[EXERCISE DATA Boundary: Start]
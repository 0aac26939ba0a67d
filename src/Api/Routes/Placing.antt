-- ===== src/Api/Routes/Placing.antt =====
-- What the answer to POST /orders says of the order.
use order_processing_system.Base.{◌≤◌, ◌≡◌, refl, ◌⊎◌, inl, inr, List, arith}
use order_processing_system.Models.{Text, Time, Error, Result, ok, err}
use order_processing_system.Database.{Engine}
use order_processing_system.Auth.{Claims, TokenManager}
use order_processing_system.Repository.Order.Ledger.{Consistent}
use order_processing_system.Services.Order.{
  OrderItemRequest, OrderResponse, OrderProcessor, Arithmetic, World,
}
use order_processing_system.Services.Order as Orders
use order_processing_system.Services.Order.Place.{Accepted}
use order_processing_system.Services.Order.Outcome.{OrderOutcome, create_order-outcome}
use order_processing_system.Idempotency.{Store}
use order_processing_system.Api.Http.{Response, respond, order}
use order_processing_system.Api.Middleware.{authenticate}
use order_processing_system.Api.Handlers.{order_status_of, answer_order}
use order_processing_system.Api.Handlers as Handlers
use order_processing_system.Api.Routes.{create_order, Request, guarded, dispatch}

order_status-error : (e : Error) → 400 ≤ order_status_of e
order_status-error e = ground arith

authenticate-refusal :
    (tokens : TokenManager) (now : Time) (header : Text) (refusal : Response)
    → authenticate tokens now header ≡ inl refusal
    → 400 ≤ refusal.status
unfolding authenticate
authenticate-refusal tokens now header refusal e = ground (arith, e)

module _ {S Q : Type 0} (engine : Engine) (tokens : TokenManager) (store : Store S)
    (processor : OrderProcessor Q) (hash : Text → Text) (float : Arithmetic) where
  -- Either an error's status, or 201 with an accepted order of the caller.
  pub data Answered (req : Request) (items : List OrderItemRequest) (w : World S Q)
      : Response × World S Q → Type 0 where
    declined :
        (response : Response) (w' : World S Q)
        → 400 ≤ response.status
        → Answered req items w (response, w')
    placed :
        (claims : Claims) (resp : OrderResponse) (w' : World S Q)
        → authenticate tokens req.arrived req.authorization ≡ inr claims
        → Accepted processor claims.user_id items w w' resp
        → Answered req items w (respond 201 (order resp), w')

  answer_order-Answered :
      (req : Request) (items : List OrderItemRequest) (claims : Claims) (w : World S Q)
      (p : Result OrderResponse × World S Q)
      → authenticate tokens req.arrived req.authorization ≡ inr claims
      → OrderOutcome engine store processor hash float claims.user_id items w p
      → Answered req items w (answer_order engine store processor hash float p)
  answer_order-Answered req items claims w (ok resp, w') who outcome =
      placed claims resp w' who outcome.0
  answer_order-Answered req items claims w (err e, w') who outcome =
      declined _ w' (order_status-error e)

  guarded-Answered :
      (req : Request) (items : List OrderItemRequest) (w : World S Q) (who : Response ⊎ Claims)
      (handle : Claims → World S Q → Response × World S Q)
      → ((refusal : Response) → who ≡ inl refusal → 400 ≤ refusal.status)
      → ((claims : Claims) → who ≡ inr claims → Answered req items w (handle claims w))
      → Answered req items w (guarded who handle w)
  guarded-Answered req items w (inl refusal) handle low h = declined refusal w (low refusal refl)
  guarded-Answered req items w (inr claims) handle low h = h claims refl

  -- On consistent tables POST /orders with a bound body either answers with a status of at least
  -- 400, or with 201 and an order that was accepted for the user of the request's valid token: the
  -- cart's units have left the stock, the order is new, pending and queued, and is the one in the
  -- response.
  pub dispatch-Answered :
      (req : Request) (items : List OrderItemRequest) (w : World S Q)
      → Consistent w.db.tables w.db.seq
      → Answered req items w
          (dispatch engine tokens store processor hash float req (create_order (ok items)) w)
  unfolding dispatch Handlers.create_order
  dispatch-Answered req items w c =
      guarded-Answered req items w (authenticate tokens req.arrived req.authorization)
        (λ claims.
          Handlers.create_order engine store processor hash float req.uuid claims (ok items))
        (authenticate-refusal tokens req.arrived req.authorization)
        (λ claims who.
          answer_order-Answered req items claims w
            (Orders.create_order engine store processor hash float req.uuid claims.user_id items w)
            who
            (create_order-outcome engine store processor hash float req.uuid claims.user_id items w
              c))
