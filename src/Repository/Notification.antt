-- ===== src/Repository/Notification.antt =====
-- internal/repository/notification.go.
use order_processing_system.Base.{
  ℕ, suc, none, some, List, [], ◌∷◌, ◌++◌, ◌==◌, find, select, update_where,
}
use order_processing_system.Models.{
  Time, Order, Notification, NotificationStatus, foreign_key_violated, ok, err,
}
use order_processing_system.Database.{Engine, Query, send}

-- INSERT INTO notifications: the order has to exist.
unfoldable pub insert_notification : Time → Notification → Query Notification
insert_notification now n db =
    let id = db.seq.notification in
    let created = record n { id = id; created_at = now } in
    elim (find (λ (o : Order). o.id == n.order_id) db.tables.orders) [
      | none ↦
          (err foreign_key_violated, record db { seq = record (db.seq) { notification = suc id } })
      | some _ ↦ (
        ok created,
        record db {
          tables = record (db.tables) { notifications = db.tables.notifications ++ (created ∷ []) };
          seq = record (db.seq) { notification = suc id };
        },
      )
    ]

abbrev pub update_notifications : (Notification → Notification) → ℕ → Query (Unit {0})
update_notifications f id db = (
  ok tt,
  record db {
    tables = record (db.tables) {
      notifications = update_where (λ n. n.id == id) f db.tables.notifications;
    };
  },
)

-- SET status = 'sent', sent_at = now()
abbrev pub sent_row : Time → Notification → Notification
sent_row now n = record n { status = NotificationStatus.sent; sent_at = some now }

-- SET status = 'failed'
abbrev pub failed_row : Notification → Notification
failed_row n = record n { status = NotificationStatus.failed }

module _ (engine : Engine) where
  unfoldable pub create_notification : Notification → Query Notification
  unfolding insert_notification
  create_notification n = send engine (λ now. insert_notification now n)

  unfoldable pub mark_sent : ℕ → Query (Unit {0})
  mark_sent id = send engine (λ now. update_notifications (sent_row now) id)

  unfoldable pub mark_failed : ℕ → Query (Unit {0})
  mark_failed id = send engine (λ _. update_notifications failed_row id)

  -- ORDER BY id ASC is the order of the table.
  unfoldable pub list_by_order : ℕ → Query (List Notification)
  list_by_order order_id =
      send engine λ _ db. (ok (select (λ n. n.order_id == order_id) db.tables.notifications), db)
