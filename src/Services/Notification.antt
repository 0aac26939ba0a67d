-- ===== src/Services/Notification.antt =====
-- internal/services/notification.go, and the event of internal/dto/notification.go.
use order_processing_system.Base.{ℕ, Bool, true, false, none}
use order_processing_system.Models.{Text, Notification, NotificationStatus, ok, err}
use order_processing_system.Database.{Db, Engine}
use order_processing_system.Repository.Notification.{create_notification, mark_sent, mark_failed}

pub record NotificationEvent : Type 0 where
  pub id : ℕ
  pub order_id : ℕ
  pub message : Text

abbrev pub new_notification_event : Notification → NotificationEvent
new_notification_event n = record { id = n.id; order_id = n.order_id; message = n.message }

-- services.Notifier: pushes an event to the live subscribers of an order, and says whether one got
-- it. `N` is the state of the hub.
pub record Notifier (N : Type 0) : Type 0 where
  pub notify : ℕ → NotificationEvent → N → Bool × N

module _ {N : Type 0} (engine : Engine) (notifier : Notifier N) where
  abbrev mark : Bool → ℕ → Db → Db
  mark true id db = (mark_sent engine id db).1
  mark false id db = (mark_failed engine id db).1

  -- Delivery once the row is there: the outcome is recorded, and its error only logged.
  abbrev deliver : Notification → Db → N → Db × N
  deliver n db hub =
      let (delivered, hub') = notifier.notify n.order_id (new_notification_event n) hub in
      (mark delivered n.id db, hub')

  -- Failures are logged, never returned.
  unfoldable pub send : ℕ → Text → Db → N → Db × N
  send order_id message db hub =
      let (r, db') =
        create_notification engine
          (record {
            id = 0;
            order_id = order_id;
            message = message;
            status = NotificationStatus.pending;
            created_at = 0;
            sent_at = none;
          })
          db in
      elim r [ ok n ↦ deliver n db' hub | err e ↦ (db', hub) ]
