-- ===== src/Ws/Hub.antt =====
-- internal/ws/hub.go with the queue of internal/ws/client.go. The event loop serializes what the other
-- goroutines ask, so each event is a function of the hub's state; `none` is a panic, by a close of a
-- closed channel or a send on one.
-- A client is its address in the heap. The map of sets is a function from an order's id to its
-- clients, empty for an order without any. Go visits a map's keys in any order; here it is the list's.
pub mod Sound
pub mod Events
pub mod Delivery
mod Tests
use order_processing_system.Base.{
  ℕ, zero, suc, ◌+◌, Bool, true, false, not, ◌||◌, Option, none, some, List, [], ◌∷◌, ◌++◌, ltb,
  ◌==◌, length, select, if◌then◌else◌,
}
use order_processing_system.Models.{Text}

pub record Client : Type 0 where
  pub order_id : ℕ
  pub buffer : List Text
  pub closed : Bool

-- `next` is the first address that is not in use.
pub record Hub : Type 0 where
  pub clients : ℕ → List ℕ
  pub heap : ℕ → Client
  pub next : ℕ
  pub done : Bool

abbrev pub send_buffer : ℕ
send_buffer = 32

abbrev pub new_client : ℕ → Client
new_client order_id = record { order_id = order_id; buffer = []; closed = false }

abbrev pub new_hub : Hub
new_hub = record { clients = λ _. []; heap = λ _. new_client 0; next = 0; done = false }

abbrev pub update {ℓ} : {A : Type ℓ} → (ℕ → A) → ℕ → A → ℕ → A
update f k v n = if n == k then v else f n

abbrev pub member : ℕ → List ℕ → Bool
member p [] = false
member p (x ∷ xs) = p == x || member p xs

abbrev pub without : ℕ → List ℕ → List ℕ
without p [] = []
without p (x ∷ xs) = if x == p then without p xs else x ∷ without p xs

-- close(c.send)
unfoldable pub close_send : ℕ → Hub → Option Hub
close_send p h =
    if (h.heap p).closed
    then none
    else some (record h { heap = update h.heap p (record (h.heap p) { closed = true }) })

-- remove
unfoldable pub remove : ℕ → Hub → Option Hub
unfolding close_send
remove p h =
    let order = (h.heap p).order_id in
    if member p (h.clients order)
    then close_send p (record h { clients = update h.clients order (without p (h.clients order)) })
    else some h

-- NewClient, then Register.
unfoldable pub register : ℕ → Hub → Option Hub
register order h =
    let c = record h { heap = update h.heap h.next (new_client order); next = suc h.next } in
    some (
      if h.done
      then c
      else record c { clients = update h.clients order (h.next ∷ h.clients order) })

unfoldable pub unregister : ℕ → Hub → Option Hub
unfolding remove
unregister p h = if h.done then some h else remove p h

abbrev pub has_room : Client → Bool
has_room c = ltb (length c.buffer) send_buffer

abbrev pub push : Text → Client → Client
push payload c = record c { buffer = c.buffer ++ (payload ∷ []) }

-- Client.Send: a payload for one client; a full queue drops it.
unfoldable pub client_send : ℕ → Text → Hub → Option Hub
client_send p payload h =
    if (h.heap p).closed
    then none
    else some (
        if has_room (h.heap p)
        then record h { heap = update h.heap p (push payload (h.heap p)) }
        else h)

-- One client of the fan-out: a queue with room takes the payload, a full one is dropped.
unfoldable pub offer : ℕ → Text → Hub → Option Hub
unfolding remove
offer p payload h =
    if (h.heap p).closed
    then none
    else if has_room (h.heap p)
    then some (record h { heap = update h.heap p (push payload (h.heap p)) })
    else remove p h

-- The loop of the fan-out, with `delivered`.
unfoldable pub fan_out : List ℕ → Text → Bool → Hub → Option (Bool × Hub)
unfolding offer
fan_out [] payload delivered h = some (delivered, h)
fan_out (p ∷ ps) payload delivered h = elim (offer p payload h) [
  | none ↦ none
  | some h' ↦ fan_out ps payload (delivered || has_room (h.heap p)) h'
]

unfoldable pub notify : ℕ → Text → Hub → Option (Bool × Hub)
unfolding fan_out
notify order payload h =
    if h.done then some (false, h) else fan_out (h.clients order) payload false h

-- The write pump takes a payload from its queue.
abbrev pub receive : ℕ → Hub → Hub
receive p h = elim (h.heap p).buffer [
  | [] ↦ h
  | x ∷ rest ↦ record h { heap = update h.heap p (record (h.heap p) { buffer = rest }) }
]

-- The close of every client's channel, over the addresses below `n`.
unfoldable pub close_members : ℕ → Hub → Option Hub
unfolding close_send
close_members zero h = some h
close_members (suc n) h =
    if member n (h.clients (h.heap n).order_id)
    then (elim (close_send n h) [ none ↦ none | some h' ↦ close_members n h' ])
    else close_members n h

-- Stop with the end of Run; a second close of `done` panics.
unfoldable pub stop : Hub → Option Hub
unfolding close_members
stop h = if h.done then none else (elim (close_members h.next h) [
  | none ↦ none
  | some h' ↦ some (record h' { clients = λ _. []; done = true })
])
[EXERCISE DATA Boundary: End]
Give back exactly the lines above starting at the line where "sent_row now n" appears and ending at the line where "new_notification_event n = record" appears, both included, with no other lines.

sent_row now n = record n { status = NotificationStatus.sent; sent_at = some now }

-- SET status = 'failed'
abbrev pub failed_row : Notification → Notification
failed_row n = record n { status = NotificationStatus.failed }

module _ (engine : Engine) where
  unfoldable pub create_notification : Notification → Query Notification
  unfolding insert_notification
  create_notification n = send engine (λ now. insert_notification now n)

  unfoldable pub mark_sent : ℕ → Query (Unit {0})
  mark_sent id = send engine (λ now. update_notifications (sent_row now) id)

  unfoldable pub mark_failed : ℕ → Query (Unit {0})
  mark_failed id = send engine (λ _. update_notifications failed_row id)

  -- ORDER BY id ASC is the order of the table.
  unfoldable pub list_by_order : ℕ → Query (List Notification)
  list_by_order order_id =
      send engine λ _ db. (ok (select (λ n. n.order_id == order_id) db.tables.notifications), db)
filename src/Services/Notification.antt
repository 0aac26939ba0a67d
-- ===== src/Services/Notification.antt =====
-- internal/services/notification.go, and the event of internal/dto/notification.go.
use order_processing_system.Base.{ℕ, Bool, true, false, none}
use order_processing_system.Models.{Text, Notification, NotificationStatus, ok, err}
use order_processing_system.Database.{Db, Engine}
use order_processing_system.Repository.Notification.{create_notification, mark_sent, mark_failed}

pub record NotificationEvent : Type 0 where
  pub id : ℕ
  pub order_id : ℕ
  pub message : Text

abbrev pub new_notification_event : Notification → NotificationEvent
new_notification_event n = record { id = n.id; order_id = n.order_id; message = n.message }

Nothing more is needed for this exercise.